# AUD/USD futures



## arruga (30 September 2015)

Hi
I got all my money in USD and trade USD-based instruments in the US, using IB as platform (being an australian tax resident). Now, I want to trade AUD.USD futures, or any other Fx pair for that matter, but IB informs me about changes in regulation that Fx are no longer tradable for australian residents and can't have margin accounts ?? Well, this would render IB pretty useless to me, but like their low low brokerage commissions....anybody knows more about this ? recommendations/suggestions ? change broker platform ? to which ?
thanks


----------



## Roller_1 (30 September 2015)

arruga said:


> Hi
> I got all my money in USD and trade USD-based instruments in the US, using IB as platform (being an australian tax resident).
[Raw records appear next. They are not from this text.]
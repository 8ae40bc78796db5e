-- ===== src/Cluster/Rebalance.antt =====
-- The migration of shards (src/internal/server/clusterserver/rebalance.go). The sessions are those that
-- the scan of the storage visits. What the target and the limiter answer, and the JSON of a session, are
-- arguments. The migrations of one rebalance, which the code runs at once, run one after the other.
pub mod Plan
pub mod Transfer
mod Tests
use tokmesh_go.Base.{
  ℕ, zero, suc, ◌+◌, ◌<◌, Bool, true, false, not, Option, none, some, List, [], ◌∷◌, ◌++◌, length,
  ltb, ◌==◌, if◌then◌else◌, ite, ℕ_discrete,
}
use tokmesh_go.Domain.Str.{Str, str_dec}
use tokmesh_go.Domain.Session.{Session, is_expired}
use tokmesh_go.GoMap
use tokmesh_go.GoMap.{GoMap}
use tokmesh_go.Cmap.{Map}
use tokmesh_go.Cmap.Iter.{values}
use tokmesh_go.Cluster.Cleanup.{Cleanup, cleaned, blocked, cleanup_shard_data}
use tokmesh_go.Cluster.ShardMap.{ShardMap, default_shard_count, get_shard}

pub data TaskStatus : Type 0 where
  pending running completed failed : TaskStatus

pub record TaskProgress : Type 0 where
  pub total_items : ℕ
  pub transferred_items : ℕ
  pub bytes_transferred : ℕ
  pub skipped_expired : ℕ

pub record TransferTask : Type 0 where
  pub shard_id : ℕ
  pub target_node : Str
  pub target_addr : Str
  pub status : TaskStatus
  pub progress : TaskProgress

pub record MigrationTarget : Type 0 where
  pub node_id : Str
  pub addr : Str

abbrev pub Tasks : Type 0
Tasks = GoMap ℕ TransferTask

-- One round of `computeMigrations`. The address is left empty.
abbrev pub planned :
    (old_owner new_owner : Option Str) → ℕ → GoMap ℕ MigrationTarget → GoMap ℕ MigrationTarget
planned old_owner none s m = m
planned none (some n) s m = GoMap.set ℕ_discrete m s (record { node_id = n; addr = [] })
planned (some o) (some n) s m =
    ite (str_dec o n) m (GoMap.set ℕ_discrete m s (record { node_id = n; addr = [] }))

-- The loop over the shards `s, s + 1, …`, `count` of them.
unfoldable pub plan_from :
    ShardMap → ShardMap → (count s : ℕ) → GoMap ℕ MigrationTarget → GoMap ℕ MigrationTarget
plan_from old_map new_map zero s m = m
plan_from old_map new_map (suc count) s m =
    plan_from old_map new_map count (s + 1)
      (planned (get_shard old_map s) (get_shard new_map s) s m)

unfoldable pub compute_migrations : ShardMap → ShardMap → GoMap ℕ MigrationTarget
compute_migrations old_map new_map = plan_from old_map new_map default_shard_count 0 []

-- What one migration meets: the factory of clients, the limiter, the stream and its close.
pub record Link : Type 0 where
  pub connects : Str → Bool
  pub marshal : Session → Option (List ℕ)
  pub wait : Session → Bool
  pub send : Session → Bool
  pub close : Option Bool

pub record Progress : Type 0 where
  pub transferred : ℕ
  pub skipped : ℕ
  pub total_bytes : ℕ
  pub sent : List Session

pub data Visit : Type 0 where
  continue stop : Progress → Visit

module _ (link : Link) (now min_ttl shard_id : ℕ) where
  -- The callback of the scan; a session whose JSON fails is left out, uncounted.
  abbrev pub transmit : Progress → Session → Option (List ℕ) → Visit
  transmit p x none = continue p
  transmit p x (some b) =
      if not (link.wait x)
      then stop p
      else if not (link.send x)
      then stop p
      else continue (record {
        transferred = p.transferred + 1;
        skipped = p.skipped;
        total_bytes = p.total_bytes + length b;
        sent = p.sent ++ x ∷ [];
      })

  -- `ExpiresAt - now < minTTL`, on signed numbers
  unfoldable pub visit : Progress → Session → Visit
  visit p x =
      if not (x.shard_id == shard_id)
      then continue p
      else if is_expired now x
      then continue (record p { skipped = p.skipped + 1 })
      else if ltb x.expires_at (now + min_ttl)
      then continue (record p { skipped = p.skipped + 1 })
      else transmit p x (link.marshal x)

  unfoldable pub stream_sessions : Progress → List Session → Progress
  stream_sessions p [] = p
  stream_sessions p (x ∷ l) = elim (visit p x) [ stop q ↦ q | continue q ↦ stream_sessions q l ]

pub data Migration : Type 0 where
  task_not_found client_failed stream_failed target_failed : Migration
  migrated : Cleanup → Migration

abbrev pub set_status : Tasks → ℕ → TransferTask → TaskStatus → Tasks
set_status tasks shard_id t s = GoMap.set ℕ_discrete tasks shard_id (record t { status = s })

-- What the task shows in the end.
abbrev pub completed_task : TransferTask → Progress → TransferTask
completed_task t p = record t {
  status = completed;
  progress = record {
    total_items = p.transferred + p.skipped;
    transferred_items = p.transferred;
    bytes_transferred = p.total_bytes;
    skipped_expired = p.skipped;
  };
}

abbrev pub no_progress : Progress
no_progress = record { transferred = 0; skipped = 0; total_bytes = 0; sent = [] }

-- The tasks of a plan.
unfoldable pub create_tasks : GoMap ℕ MigrationTarget → Tasks → Tasks
create_tasks [] tasks = tasks
create_tasks ((s, target) ∷ l) tasks = create_tasks l (
    GoMap.set ℕ_discrete tasks s (record {
      shard_id = s;
      target_node = target.node_id;
      target_addr = target.addr;
      status = pending;
      progress = record {
        total_items = 0;
        transferred_items = 0;
        bytes_transferred = 0;
        skipped_expired = 0;
      };
    }))

-- Whether a migration comes to an end.
abbrev pub ends : Migration → Bool
ends (migrated blocked) = false
ends (migrated (cleaned sessions last_err)) = true
ends task_not_found = true
ends client_failed = true
ends stream_failed = true
ends target_failed = true

-- The sessions that a migration leaves.
abbrev pub sessions_after : Map Str Session → Migration → Map Str Session
sessions_after sessions (migrated (cleaned rest last_err)) = rest
sessions_after sessions _ = sessions

module _ (link : Link) (accepts : Str → Bool) (now min_ttl : ℕ) (sessions : Map Str Session) where
  -- The close of the stream, and what follows it.
  unfoldable pub finish : Tasks → ℕ → TransferTask → Option Bool → Tasks × Migration
  finish tasks shard_id t none = (set_status tasks shard_id t failed, stream_failed)
  finish tasks shard_id t (some false) = (set_status tasks shard_id t failed, target_failed)
  finish tasks shard_id t (some true) = (
    GoMap.set ℕ_discrete tasks shard_id (
        completed_task t (stream_sessions link now min_ttl shard_id no_progress (values sessions))),
    migrated (cleanup_shard_data accepts shard_id sessions),
  )

  unfoldable pub migrate_shard_data : Tasks → ℕ → Tasks × Migration
  migrate_shard_data tasks shard_id = elim (GoMap.get ℕ_discrete tasks shard_id) [
    | none ↦ (tasks, task_not_found)
    | some t ↦
        if not (link.connects t.target_addr)
        then (set_status tasks shard_id t failed, client_failed)
        else finish tasks shard_id t link.close
  ]

-- The migrations of a plan; `false` where one waits for ever.
unfoldable pub run_migrations :
    Link
    → (Str → Bool)
    → (now min_ttl : ℕ) → Map Str Session
    → GoMap ℕ MigrationTarget
    → Tasks
    → Tasks × Bool
run_migrations link accepts now min_ttl sessions [] tasks = (tasks, true)
run_migrations link accepts now min_ttl sessions ((s, target) ∷ l) tasks =
    let r = migrate_shard_data link accepts now min_ttl sessions tasks s in
    let rest = run_migrations link accepts now min_ttl (sessions_after sessions r.1) l r.0 in
    elim (ends r.1) [ true ↦ rest | false ↦ (r.0, false) ]

pub record Manager : Type 0 where
  pub tasks : Tasks
  pub is_running : Bool

pub data Triggered : Type 0 where
  in_progress no_migrations rebalanced waiting : Triggered

-- `TriggerRebalance`; while a migration waits, the manager stays marked as running.
unfoldable pub trigger_rebalance :
    Link
    → (Str → Bool)
    → (now min_ttl : ℕ) → Map Str Session
    → Manager
    → ShardMap
    → ShardMap
    → Manager × Triggered
trigger_rebalance link accepts now min_ttl sessions rm old_map new_map =
    let plan = compute_migrations old_map new_map in
    let created = create_tasks plan rm.tasks in
    let r = run_migrations link accepts now min_ttl sessions plan created in
    if rm.is_running
    then (rm, in_progress)
    else if length plan == 0
    then (rm, no_migrations)
    else if r.1
    then (record { tasks = r.0; is_running = false }, rebalanced)
    else (record { tasks = r.0; is_running = true }, waiting)
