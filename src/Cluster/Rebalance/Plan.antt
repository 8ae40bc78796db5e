-- ===== src/Cluster/Rebalance/Plan.antt =====
-- Which shards a rebalance moves.
use tokmesh_go.Base.{
  ℕ, zero, suc, ◌+◌, ◌≤◌, ◌≡◌, refl, ◌∙◌, Bool, ◌&&◌, Option, none, some, [], leb, ltb,
  if◌then◌else◌, ite, ℕ_discrete, arith,
}
use tokmesh_go.Domain.Str.{Str, str_dec}
use tokmesh_go.Domain.Session.{Session}
use tokmesh_go.GoMap
use tokmesh_go.GoMap.{GoMap}
use tokmesh_go.GoMap.Laws.{get-set}
use tokmesh_go.Cmap.{Map}
use tokmesh_go.Cluster.ShardMap.{ShardMap, default_shard_count, get_shard}
use tokmesh_go.Cluster.Rebalance.{
  MigrationTarget, planned, plan_from, compute_migrations, Link, Manager, no_migrations,
  in_progress, trigger_rebalance,
}

abbrev target_of : Str → MigrationTarget
target_of n = record { node_id = n; addr = [] }

-- Where a shard goes: to its new owner, if it has one that is not its old one.
abbrev pub moved : (old_owner new_owner : Option Str) → Option MigrationTarget
moved old_owner none = none
moved none (some n) = some (target_of n)
moved (some o) (some n) = ite (str_dec o n) none (some (target_of n))

get-planned :
    (o n : Option Str) (s : ℕ) (m : GoMap ℕ MigrationTarget) (j : ℕ)
    → GoMap.get ℕ_discrete m s ≡ none
    → GoMap.get ℕ_discrete (planned o n s m) j
      ≡ ite (ℕ_discrete s j) (moved o n) (GoMap.get ℕ_discrete m j)
get-planned o none s m j h = ground (arith, h)
get-planned none (some n) s m j h = get-set ℕ_discrete m s (target_of n) j
get-planned (some o) (some n) s m j h = ground (arith, h, get-set ℕ_discrete m s (target_of n) j)

module _ (old_map new_map : ShardMap) where
  abbrev goal : ℕ → Option MigrationTarget
  goal j = moved (get_shard old_map j) (get_shard new_map j)

  get-plan_from :
      (count s : ℕ) (m : GoMap ℕ MigrationTarget) (j : ℕ)
      → ((k : ℕ) → s ≤ k → GoMap.get ℕ_discrete m k ≡ none)
      → GoMap.get ℕ_discrete (plan_from old_map new_map count s m) j
        ≡ (if leb s j && ltb j (s + count) then goal j else GoMap.get ℕ_discrete m j)
  unfolding plan_from
  get-plan_from zero s m j fresh = ground arith
  get-plan_from (suc count) s m j fresh =
      let step = λ (k : ℕ).
        get-planned (get_shard old_map s) (get_shard new_map s) s m k (fresh s (omega arith)) in
      get-plan_from count (s + 1) _ j (λ k p. ground (arith, step k, fresh k (omega arith)))
      ∙ ground (arith, step j)

  -- A shard is migrated exactly if it is one of the 256, the new map gives it an owner, and the old map gives it
  -- none or another; the target is the new owner.
  pub get-compute_migrations :
      (j : ℕ)
      → GoMap.get ℕ_discrete (compute_migrations old_map new_map) j
        ≡ (if ltb j default_shard_count then goal j else none)
  unfolding compute_migrations GoMap.get
  get-compute_migrations j = get-plan_from default_shard_count 0 [] j (λ k p. refl) ∙ ground arith

planned_same : (o : Option Str) (s : ℕ) (m : GoMap ℕ MigrationTarget) → planned o o s m ≡ m
planned_same none s m = refl
planned_same (some n) s m = ground arith

plan_from_same :
    (shards : ShardMap) (count s : ℕ) (m : GoMap ℕ MigrationTarget)
    → plan_from shards shards count s m ≡ m
unfolding plan_from
plan_from_same shards zero s m = refl
plan_from_same shards (suc count) s m =
    plan_from_same shards count (s + 1) _ ∙ planned_same (get_shard shards s) s m

-- `onBecomeLeader` passes the same map twice: such a rebalance moves no shard, and changes nothing.
pub trigger_rebalance_same :
    (link : Link) (accepts : Str → Bool) (now min_ttl : ℕ) (sessions : Map Str Session)
    (rm : Manager) (shards : ShardMap)
    → trigger_rebalance link accepts now min_ttl sessions rm shards shards
      ≡ (rm, if rm.is_running then in_progress else no_migrations)
unfolding trigger_rebalance compute_migrations
trigger_rebalance_same link accepts now min_ttl sessions rm shards =
    ground (arith, plan_from_same shards default_shard_count 0 [])
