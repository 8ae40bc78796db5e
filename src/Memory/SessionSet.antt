-- ===== src/Memory/SessionSet.antt =====
-- `SessionSet` (src/internal/storage/memory/index.go), a `map[string]struct{}` behind a lock.
use tokmesh_go.Base.{
  ℕ, ◌+◌, ◌≤◌, ◌≡◌, refl, Bool, true, false, none, some, List, [], ◌∷◌, map, ite, arith,
}
use tokmesh_go.Domain.Str.{Str, str_dec}
use tokmesh_go.GoMap
use tokmesh_go.GoMap.{GoMap}
use tokmesh_go.GoMap.Laws as MapLaws

abbrev pub Set : Type 0
Set = GoMap Str Unit

-- `NewSessionSet`
abbrev pub empty : Set
empty = []

unfoldable pub add : Set → Str → Set
add s id = GoMap.set str_dec s id tt

unfoldable pub remove : Set → Str → Set
remove s id = GoMap.delete str_dec s id

unfoldable pub contains : Set → Str → Bool
contains s id = elim (GoMap.get str_dec s id) [ none ↦ false | some _ ↦ true ]

abbrev pub len : Set → ℕ
len s = GoMap.len s

unfoldable pub items : Set → List Str
items s = map (λ e. e.0) s

-- Whether a list of IDs has one.
unfoldable pub elem : Str → List Str → Bool
elem id [] = false
elem id (x ∷ l) = ite (str_dec x id) true (elem id l)

pub contains-add :
    (s : Set) (id j : Str) → contains (add s id) j ≡ ite (str_dec id j) true (contains s j)
unfolding contains add
contains-add s id j = ground (arith, MapLaws.get-set str_dec s id tt j)

pub contains-remove :
    (s : Set) (id j : Str) → contains (remove s id) j ≡ ite (str_dec id j) false (contains s j)
unfolding contains remove
contains-remove s id j = ground (arith, MapLaws.get-delete str_dec s id j)

pub contains-empty : (j : Str) → contains empty j ≡ false
unfolding contains GoMap.get
contains-empty j = refl

-- A set of length 0 has no member.
pub contains_of_len-zero : (s : Set) (j : Str) → len s ≡ 0 → contains s j ≡ false
unfolding contains GoMap.get
contains_of_len-zero [] j h = refl
contains_of_len-zero (e ∷ s) j h = absurd (omega arith)

pub elem-items : (s : Set) (j : Str) → elem j (items s) ≡ contains s j
unfolding elem items contains GoMap.get
elem-items [] j = refl
elem-items ((k, v) ∷ s) j = ground (arith, elem-items s j)

pub len-add-le : (s : Set) (id : Str) → len (add s id) ≤ len s + 1
unfolding add GoMap.set
len-add-le [] id = omega arith
len-add-le ((k, v) ∷ s) id = ground (arith, len-add-le s id)

pub len-remove-le : (s : Set) (id : Str) → len (remove s id) ≤ len s
unfolding remove
len-remove-le s id = MapLaws.len-delete-le str_dec s id
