-- ===== src/Memory/UserIndex.antt =====
-- `UserIndex` (src/internal/storage/memory/index.go). A `*SessionSet` is shared between the map and
-- the caller that changes it, so a change of the set is written back to the map.
pub mod Laws
use tokmesh_go.Base.{ℕ, Bool, true, false, Option, none, some, List, [], ◌==◌, if◌then◌else◌}
use tokmesh_go.Domain.Str.{Str, str_dec}
use tokmesh_go.Cmap
use tokmesh_go.Cmap.{Map}
use tokmesh_go.Memory.SessionSet
use tokmesh_go.Memory.SessionSet.{Set}

pub record UserIndex : Type 0 where
  pub index : Map Str Set

-- `NewUserIndex`
unfoldable pub new_user_index : (Str → ℕ) → UserIndex
new_user_index seed = record { index = Cmap.new seed }

unfoldable pub add : UserIndex → Str → Str → UserIndex
add i user_id session_id =
    let r = Cmap.get_or_set str_dec i.index user_id SessionSet.empty in
    record { index = Cmap.set str_dec r.0 user_id (SessionSet.add r.1 session_id) }

-- An empty set is taken out of the map.
unfoldable pub remove : UserIndex → Str → Str → UserIndex
remove i user_id session_id = elim (Cmap.get str_dec i.index user_id) [
  | none ↦ i
  | some held ↦
      let rest = SessionSet.remove held session_id in
      let written = Cmap.set str_dec i.index user_id rest in
      record {
        index = if SessionSet.len rest == 0 then Cmap.delete str_dec written user_id else written;
      }
]

unfoldable pub get : UserIndex → Str → List Str
get i user_id = elim (Cmap.get str_dec i.index user_id) [
  | none ↦ []
  | some held ↦ SessionSet.items held
]

unfoldable pub count : UserIndex → Str → ℕ
count i user_id = elim (Cmap.get str_dec i.index user_id) [
  | none ↦ 0
  | some held ↦ SessionSet.len held
]

unfoldable pub clear : UserIndex → Str → UserIndex
clear i user_id = record { index = Cmap.delete str_dec i.index user_id }

-- The set of a user, empty where the map has none: the abstract view of the index.
unfoldable pub set_at : UserIndex → Str → Set
set_at i user_id = elim (Cmap.get str_dec i.index user_id) [
  | none ↦ SessionSet.empty
  | some held ↦ held
]

-- Whether the index has a session under a user.
abbrev pub member : UserIndex → Str → Str → Bool
member i user_id session_id = SessionSet.contains (set_at i user_id) session_id

abbrev pub IsValid : UserIndex → Type 0
IsValid i = Cmap.IsValid i.index
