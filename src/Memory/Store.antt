-- ===== src/Memory/Store.antt =====
-- `Store` (src/internal/storage/memory/store.go). A method that writes returns the store beside its
-- result; `now` is what `time.Now().UnixMilli()` reads. The store lock `mu` makes each writing
-- method one step; the readers and `Touch` take no lock, and are modelled as one step too.
pub mod Invariant
use tokmesh_go.Base.{
  ℕ, ◌+◌, ◌<◌, ◌≡◌, Bool, true, false, not, ◌&&◌, Option, none, some, List, [], ◌∷◌, ◌++◌, map, ite,
  ltb, leb, ◌==◌, length, ℕ_discrete, if◌then◌else◌,
}
use tokmesh_go.Domain.Str.{Str, str_dec, is_empty}
use tokmesh_go.Domain.Error.{
  Result, ok, err, session_not_found, session_expired, session_conflict, session_version_conflict,
  session_quota_exceeded, token_invalid, token_hash_conflict, ◌>>=◌,
}
use tokmesh_go.Domain.Session.{Session, is_expired, validate, clone, incr_version}
use tokmesh_go.Domain.Session
use tokmesh_go.Cmap
use tokmesh_go.Cmap.{Map}
use tokmesh_go.Cmap.Iter
use tokmesh_go.Memory.UserIndex
use tokmesh_go.Memory.UserIndex.{UserIndex}

abbrev pub default_max_sessions_per_user : ℕ
default_max_sessions_per_user = 50

pub record Store : Type 0 where
  pub sessions : Map Str Session
  pub tokens : Map Str Str
  pub user_index : UserIndex
  pub max_sessions_per_user : ℕ

-- The hash seeds of the three maps, as `maphash.MakeSeed` picks them.
pub record Seeds : Type 0 where
  pub of_sessions : Str → ℕ
  pub of_tokens : Str → ℕ
  pub of_users : Str → ℕ

-- `WithMaxSessionsPerUser`
unfoldable pub with_max_sessions_per_user : ℕ → Store → Store
with_max_sessions_per_user n s = record s { max_sessions_per_user = n }

-- `for _, opt := range opts { opt(s) }`
apply_options : List (Store → Store) → Store → Store
apply_options [] s = s
apply_options (opt ∷ opts) s = apply_options opts (opt s)

-- `New`
unfoldable pub new : Seeds → List (Store → Store) → Store
unfolding apply_options
new seeds opts = apply_options opts (record {
  sessions = Cmap.new seeds.of_sessions;
  tokens = Cmap.new seeds.of_tokens;
  user_index = UserIndex.new_user_index seeds.of_users;
  max_sessions_per_user = default_max_sessions_per_user;
})

-- `if session.TokenHash != "" { s.tokens.Delete(session.TokenHash) }`
unfoldable pub drop_token : Map Str Str → Str → Map Str Str
drop_token tokens hash = if is_empty hash then tokens else Cmap.delete str_dec tokens hash

-- `if session.TokenHash != "" { s.tokens.Set(session.TokenHash, session.ID) }`
unfoldable pub put_token : Map Str Str → Str → Str → Map Str Str
put_token tokens hash id = if is_empty hash then tokens else Cmap.set str_dec tokens hash id

module _ (now : ℕ) (s : Store) where
  -- A session that was read, unless it has expired.
  unfoldable pub live : Session → Result Session
  live session = if is_expired now session then err session_expired else ok (clone session)

  unfoldable pub get : Str → Result Session
  get id = elim (Cmap.get str_dec s.sessions id) [
    | none ↦ err session_not_found
    | some session ↦ live session
  ]

  -- A token whose session is gone is taken out of the index.
  unfoldable pub get_by_token : Str → Store × Result Session
  get_by_token hash = elim (Cmap.get str_dec s.tokens hash) [
    | none ↦ (s, err token_invalid)
    | some id ↦ elim (Cmap.get str_dec s.sessions id) [
      | none ↦ (record s { tokens = Cmap.delete str_dec s.tokens hash }, err token_invalid)
      | some session ↦ (s, live session)
    ]
  ]

  unfoldable pub touch : Str → Str → Str → Store × Result (Unit {0})
  touch id ip user_agent = elim (Cmap.get str_dec s.sessions id) [
    | none ↦ (s, err session_not_found)
    | some session ↦ if is_expired now session then (s, err session_expired) else (
      record s {
        sessions = Cmap.set str_dec s.sessions id (Session.touch now ip user_agent session);
      },
      ok tt,
    )
  ]

  -- the loop of `ListByUserID`
  unfoldable pub list_ids : List Str → List Session
  list_ids [] = []
  list_ids (id ∷ ids) =
      let rest = list_ids ids in
      elim (Cmap.get str_dec s.sessions id) [
        | none ↦ rest
        | some session ↦ if is_expired now session then rest else clone session ∷ rest
      ]

  unfoldable pub list_by_user_id : Str → List Session
  unfolding list_ids
  list_by_user_id user_id = list_ids (UserIndex.get s.user_index user_id)

-- the body of `Create` after its checks
unfoldable pub stored : Store → Session → Store
stored s session = record s {
  sessions = Cmap.set str_dec s.sessions session.id (clone session);
  tokens = put_token s.tokens session.token_hash session.id;
  user_index = UserIndex.add s.user_index session.user_id session.id;
}

-- the checks of `Create`, in order
unfoldable pub check_create : Store → Session → Result (Unit {0})
check_create s session = do
  _ ← validate session
  if leb s.max_sessions_per_user (UserIndex.count s.user_index session.user_id)
      then err session_quota_exceeded
      else if Cmap.has str_dec s.sessions session.id
      then err session_conflict
      else if not (is_empty session.token_hash) && Cmap.has str_dec s.tokens session.token_hash
      then err token_hash_conflict
      else ok tt

unfoldable pub create : Store → Session → Store × Result (Unit {0})
unfolding check_create stored
create s session = elim (check_create s session) [
  | err e ↦ (s, err e)
  | ok _ ↦ (stored s session, ok tt)
]
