-- ===== src/Lib.antt =====
-- The queue and the lease coordination of the contract-evidence runtime: a task is enqueued, admitted
-- under capacity and provider health, dispatched to a worker under a lease, and acknowledged, released
-- or recovered; ownership of a lease moves between workers by fencing tokens and epochs. A policy
-- registry keeps one active policy for each scope; a planner makes, repairs and schedules task plans.
--
-- The parts, by the files that model them (paths from the repository's root):
--   Base        what every part stands on. Base/Exec: methods as functions from a world (the store,
--               the number of identifiers drawn and of clock readings) to a result or an exception
--               with the new world. Base/Float: doubles by their 64 bits, with exact comparison.
--               Base/Text: str, in, < and sorted sets. Base/Json: payloads as data, with Base/Json/Dict for
--               dict objects.
--   Storage     src/contract_evidence_os/storage/repository.py. Table: INSERT OR REPLACE, lookup by key
--               and ORDER BY on a list of rows. Repository: a record with a list of rows for each
--               table, and the save, get, list, load and latest methods by their names.
--   Provider    src/contract_evidence_os/runtime/provider_health.py. Models: the records.
--               Health: ProviderHealthManager (rate-limit windows and the circuit breaker); its
--               child Snapshot: the method snapshot.
--   Queue       src/contract_evidence_os/runtime/queueing.py (Models; Admission: evaluate_admission and
--               _priority_score; Manager: the other methods of QueueManager) and
--               src/contract_evidence_os/runtime/backends.py (Backend: SQLiteQueueBackend).
--   Coordination  src/contract_evidence_os/runtime/coordination.py: the lease methods of
--               SQLiteCoordinationBackend (Backend: claim_lease, renew_lease, release_lease,
--               validate_fencing; Backend/Steal: steal_lease; Workers: register_worker,
--               heartbeat, set_worker_mode, claim_dispatch, worker_pool_snapshot;
--               Workers/Reclaim: reclaim_stale_workers).
--   Registry    src/contract_evidence_os/runtime/policy_registry.py: PolicyRegistryManager (Manager).
--   Recovery    src/contract_evidence_os/recovery/engine.py: RecoveryEngine (Engine: save_state,
--               restore_state and latest_state are its save_checkpoint, restore_checkpoint and
--               latest_checkpoint).
--   Permission  src/contract_evidence_os/policy/lattice.py: PermissionLattice.authorize, and the passport of
--               src/contract_evidence_os/agents/models.py.
--   Contracts   src/contract_evidence_os/contracts/lattice.py: ContractLatticeManager, and the records of
--               contracts/models.py. Inheritance: sequences of its operations.
--   Planning    src/contract_evidence_os/planning/engine.py (Engine: generate; Replan: replan_local) and
--               the scheduling of src/contract_evidence_os/runtime/service.py (Schedule: _ready_nodes,
--               _select_ready_batch, _release_approved_nodes, the decision of
--               _approval_wait_if_needed, and the rounds of execute_plan in which the batch has no
--               incidents and the worker still owns its dispatch; Approval: nodes that wait).
--   Samples     a small concrete system, on which the modules named Samples below the components
--               evaluate the theorems.
-- The queue manager and the queue backend share the tables of items and leases; the backend asks the
-- table of ownerships, which the coordination writes, who may act on a lease.
--
-- How the code is rendered. A method is one function of its name; a long body is cut into helpers,
-- whose comments say which part of it they are. Keyword arguments stand in their order, after
-- their defaults; an optional text argument is the empty text when absent, which `or` does not tell
-- from None. Counters that the code never lowers are natural numbers, priorities are integers,
-- instants are microseconds. uuid4 and the clock are streams that the environment gives, so nothing
-- is assumed of them unless a theorem says so. Stored objects are JSON that each load rebuilds, so an
-- object in hand is never shared with the table. Rows with equal sort columns keep the order of the
-- table, where the latest write stands last, but for latest_policy_promotion_run, which reads its
-- index from the end. Floating-point arithmetic and the performance counter are
-- parameters. A default policy that is built only to be read has a time of creation that no code
-- reads; where the code reads the clock for it, so does the
-- model, except for the default of the priority score. Loops are recursion on their list;
-- only the `while changed` loop of replan_local runs on fuel, one more than the plan has nodes, which is
-- enough because each round but the last moves a node to the recovery branch for good. The `while True` loop of
-- execute_plan is followed for a given number of rounds, of which a generated plan that needs no
-- further approval takes at most one for each node.
--
-- Not modelled: the Redis variants, whose server is outside the repository; schema validation, which
-- passes for the version "1.0" that all the records here carry; the other subsystems (memory,
-- evaluation, console, interfaces);
-- in the runtime service, the execution of a node and its failures, and what a round records beside
-- the statuses of the nodes; that the copies of a dict of a saved state share the dicts nested in it,
-- which here are values.
pub mod Prelude
pub mod Base
pub mod Storage
pub mod Provider
pub mod Queue
pub mod Coordination
pub mod Registry
pub mod Recovery
pub mod Permission
pub mod Contracts
pub mod Planning
pub mod Samples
Now, I want to trade AUD.USD futures, or any other Fx pair for that matter, but IB informs me about changes in regulation that Fx are no longer tradable for australian residents and can't have margin accounts ?? Well, this would render IB pretty useless to me, but like their low low brokerage commissions....anybody knows more about this ? recommendations/suggestions ? change broker platform ? to which ?
> thanks




margin is available if you have a corporate account with IB, as far as i am aware that is the only way too access margin through IB. If your funds are in USD you can still exchange them back to AUD via a forex trade but not AUD > USD. Unless you put an order in too buy some stock and they will exchange the funds for you.


----------



## minwa (3 October 2015)

You're talking about SPOT FX, not futures. If you didn't know that, stay away from futures..Go trade OTC FX/CFD, plenty of brokers out there, check out reviews online.


----------